TASK PROMPT: Your job is to restate each entry word for word.
***** PROVIDED MATERIAL *****
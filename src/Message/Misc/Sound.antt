-- ===== src/Message/Misc/Sound.antt =====
-- Messages of general use (shared/src/bee_msg/misc.rs) come back if their fields
-- are in the range of their types.
use beegfs_rust.Prelude.{◌^◌, ◌<◌, length}
use beegfs_rust.Types.{node_type, capacity_pool_query_type}
use beegfs_rust.Types.Laws.{node_type-IsWireEnum, capacity_pool_query_type-IsWireEnum}
use beegfs_rust.Serde.Format.Sound.{Sound, Sound-uint, Sound-cstr, Sound-int}
use beegfs_rust.Serde.RoundTrip.{RoundTrips-bind, RoundTrips-done}
use beegfs_rust.Message.Misc.{
  GenericResponse, generic_response, Ack, ack, AuthenticateChannel, authenticate_channel, PeerInfo,
  peer_info, SetChannelDirect, set_channel_direct, RefreshCapacityPools, refresh_capacity_pools,
  GetNodeCapacityPools, get_node_capacity_pools,
}

pub record GenericResponseFits (m : GenericResponse) : Type 0 where
  pub code : m.code < 2 ^ 32
  pub description : length m.description < 2 ^ 32

pub generic_response-Sound :
    (m : GenericResponse) → GenericResponseFits m → Sound generic_response.format m
unfolding generic_response
generic_response-Sound m h =
    RoundTrips-bind _ (Sound-uint 4 m.code h.code)
      (RoundTrips-bind _ (Sound-cstr 0 m.description h.description) (RoundTrips-done m))

pub record AckFits (m : Ack) : Type 0 where
  pub ack_id : length m.ack_id < 2 ^ 32

pub ack-Sound : (m : Ack) → AckFits m → Sound ack.format m
unfolding ack
ack-Sound m h = RoundTrips-bind _ (Sound-cstr 0 m.ack_id h.ack_id) (RoundTrips-done m)

pub record AuthenticateChannelFits (m : AuthenticateChannel) : Type 0 where
  pub auth_secret : m.auth_secret < 2 ^ 64

pub authenticate_channel-Sound :
    (m : AuthenticateChannel) → AuthenticateChannelFits m → Sound authenticate_channel.format m
unfolding authenticate_channel
authenticate_channel-Sound m h =
    RoundTrips-bind _ (Sound-uint 8 m.auth_secret h.auth_secret) (RoundTrips-done m)

pub record PeerInfoFits (m : PeerInfo) : Type 0 where
  pub node_id : m.node_id < 2 ^ 32

pub peer_info-Sound : (m : PeerInfo) → PeerInfoFits m → Sound peer_info.format m
unfolding peer_info
peer_info-Sound m h =
    RoundTrips-bind _ (Sound-int 3 node_type node_type-IsWireEnum m.node_type)
      (RoundTrips-bind _ (Sound-uint 4 m.node_id h.node_id) (RoundTrips-done m))

pub record SetChannelDirectFits (m : SetChannelDirect) : Type 0 where
  pub is_direct : m.is_direct < 2 ^ 32

pub set_channel_direct-Sound :
    (m : SetChannelDirect) → SetChannelDirectFits m → Sound set_channel_direct.format m
unfolding set_channel_direct
set_channel_direct-Sound m h =
    RoundTrips-bind _ (Sound-uint 4 m.is_direct h.is_direct) (RoundTrips-done m)

pub record RefreshCapacityPoolsFits (m : RefreshCapacityPools) : Type 0 where
  pub ack_id : length m.ack_id < 2 ^ 32

pub refresh_capacity_pools-Sound :
    (m : RefreshCapacityPools) → RefreshCapacityPoolsFits m → Sound refresh_capacity_pools.format m
unfolding refresh_capacity_pools
refresh_capacity_pools-Sound m h =
    RoundTrips-bind _ (Sound-cstr 0 m.ack_id h.ack_id) (RoundTrips-done m)

abbrev pub GetNodeCapacityPoolsFits : GetNodeCapacityPools → Type 0
GetNodeCapacityPoolsFits m = Unit {0}

pub get_node_capacity_pools-Sound :
    (m : GetNodeCapacityPools) → GetNodeCapacityPoolsFits m → Sound get_node_capacity_pools.format m
unfolding get_node_capacity_pools
get_node_capacity_pools-Sound m h =
    RoundTrips-bind _
      (Sound-int 3 capacity_pool_query_type capacity_pool_query_type-IsWireEnum m.query_type)
      (RoundTrips-done m)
*****
PROBLEM SOLUTION:
filename src/Message/Misc/Sound.antt
-- ===== src/Message/Misc/Sound.antt =====
-- Messages of general use (shared/src/bee_msg/misc.rs) come back if their fields
-- are in the range of their types.
use beegfs_rust.Prelude.{◌^◌, ◌<◌, length}
use beegfs_rust.Types.{node_type, capacity_pool_query_type}
use beegfs_rust.Types.Laws.{node_type-IsWireEnum, capacity_pool_query_type-IsWireEnum}
use beegfs_rust.Serde.Format.Sound.{Sound, Sound-uint, Sound-cstr, Sound-int}
use beegfs_rust.Serde.RoundTrip.{RoundTrips-bind, RoundTrips-done}
use beegfs_rust.Message.Misc.{
  GenericResponse, generic_response, Ack, ack, AuthenticateChannel, authenticate_channel, PeerInfo,
  peer_info, SetChannelDirect, set_channel_direct, RefreshCapacityPools, refresh_capacity_pools,
  GetNodeCapacityPools, get_node_capacity_pools,
}

pub record GenericResponseFits (m : GenericResponse) : Type 0 where
  pub code : m.code < 2 ^ 32
  pub description : length m.description < 2 ^ 32

pub generic_response-Sound :
    (m : GenericResponse) → GenericResponseFits m → Sound generic_response.format m
unfolding generic_response
generic_response-Sound m h =
    RoundTrips-bind _ (Sound-uint 4 m.code h.code)
      (RoundTrips-bind _ (Sound-cstr 0 m.description h.description) (RoundTrips-done m))

pub record AckFits (m : Ack) : Type 0 where
  pub ack_id : length m.ack_id < 2 ^ 32

pub ack-Sound : (m : Ack) → AckFits m → Sound ack.format m
unfolding ack
ack-Sound m h = RoundTrips-bind _ (Sound-cstr 0 m.ack_id h.ack_id) (RoundTrips-done m)

pub record AuthenticateChannelFits (m : AuthenticateChannel) : Type 0 where
  pub auth_secret : m.auth_secret < 2 ^ 64

pub authenticate_channel-Sound :
    (m : AuthenticateChannel) → AuthenticateChannelFits m → Sound authenticate_channel.format m
unfolding authenticate_channel
authenticate_channel-Sound m h =
    RoundTrips-bind _ (Sound-uint 8 m.auth_secret h.auth_secret) (RoundTrips-done m)

pub record PeerInfoFits (m : PeerInfo) : Type 0 where
  pub node_id : m.node_id < 2 ^ 32

pub peer_info-Sound : (m : PeerInfo) → PeerInfoFits m → Sound peer_info.format m
unfolding peer_info
peer_info-Sound m h =
    RoundTrips-bind _ (Sound-int 3 node_type node_type-IsWireEnum m.node_type)
      (RoundTrips-bind _ (Sound-uint 4 m.node_id h.node_id) (RoundTrips-done m))

pub record SetChannelDirectFits (m : SetChannelDirect) : Type 0 where
  pub is_direct : m.is_direct < 2 ^ 32

pub set_channel_direct-Sound :
    (m : SetChannelDirect) → SetChannelDirectFits m → Sound set_channel_direct.format m
unfolding set_channel_direct
set_channel_direct-Sound m h =
    RoundTrips-bind _ (Sound-uint 4 m.is_direct h.is_direct) (RoundTrips-done m)

pub record RefreshCapacityPoolsFits (m : RefreshCapacityPools) : Type 0 where
  pub ack_id : length m.ack_id < 2 ^ 32

pub refresh_capacity_pools-Sound :
    (m : RefreshCapacityPools) → RefreshCapacityPoolsFits m → Sound refresh_capacity_pools.format m
unfolding refresh_capacity_pools
refresh_capacity_pools-Sound m h =
    RoundTrips-bind _ (Sound-cstr 0 m.ack_id h.ack_id) (RoundTrips-done m)

abbrev pub GetNodeCapacityPoolsFits : GetNodeCapacityPools → Type 0
GetNodeCapacityPoolsFits m = Unit {0}

pub get_node_capacity_pools-Sound :
    (m : GetNodeCapacityPools) → GetNodeCapacityPoolsFits m → Sound get_node_capacity_pools.format m
unfolding get_node_capacity_pools
get_node_capacity_pools-Sound m h =
    RoundTrips-bind _
      (Sound-int 3 capacity_pool_query_type capacity_pool_query_type-IsWireEnum m.query_type)
      (RoundTrips-done m)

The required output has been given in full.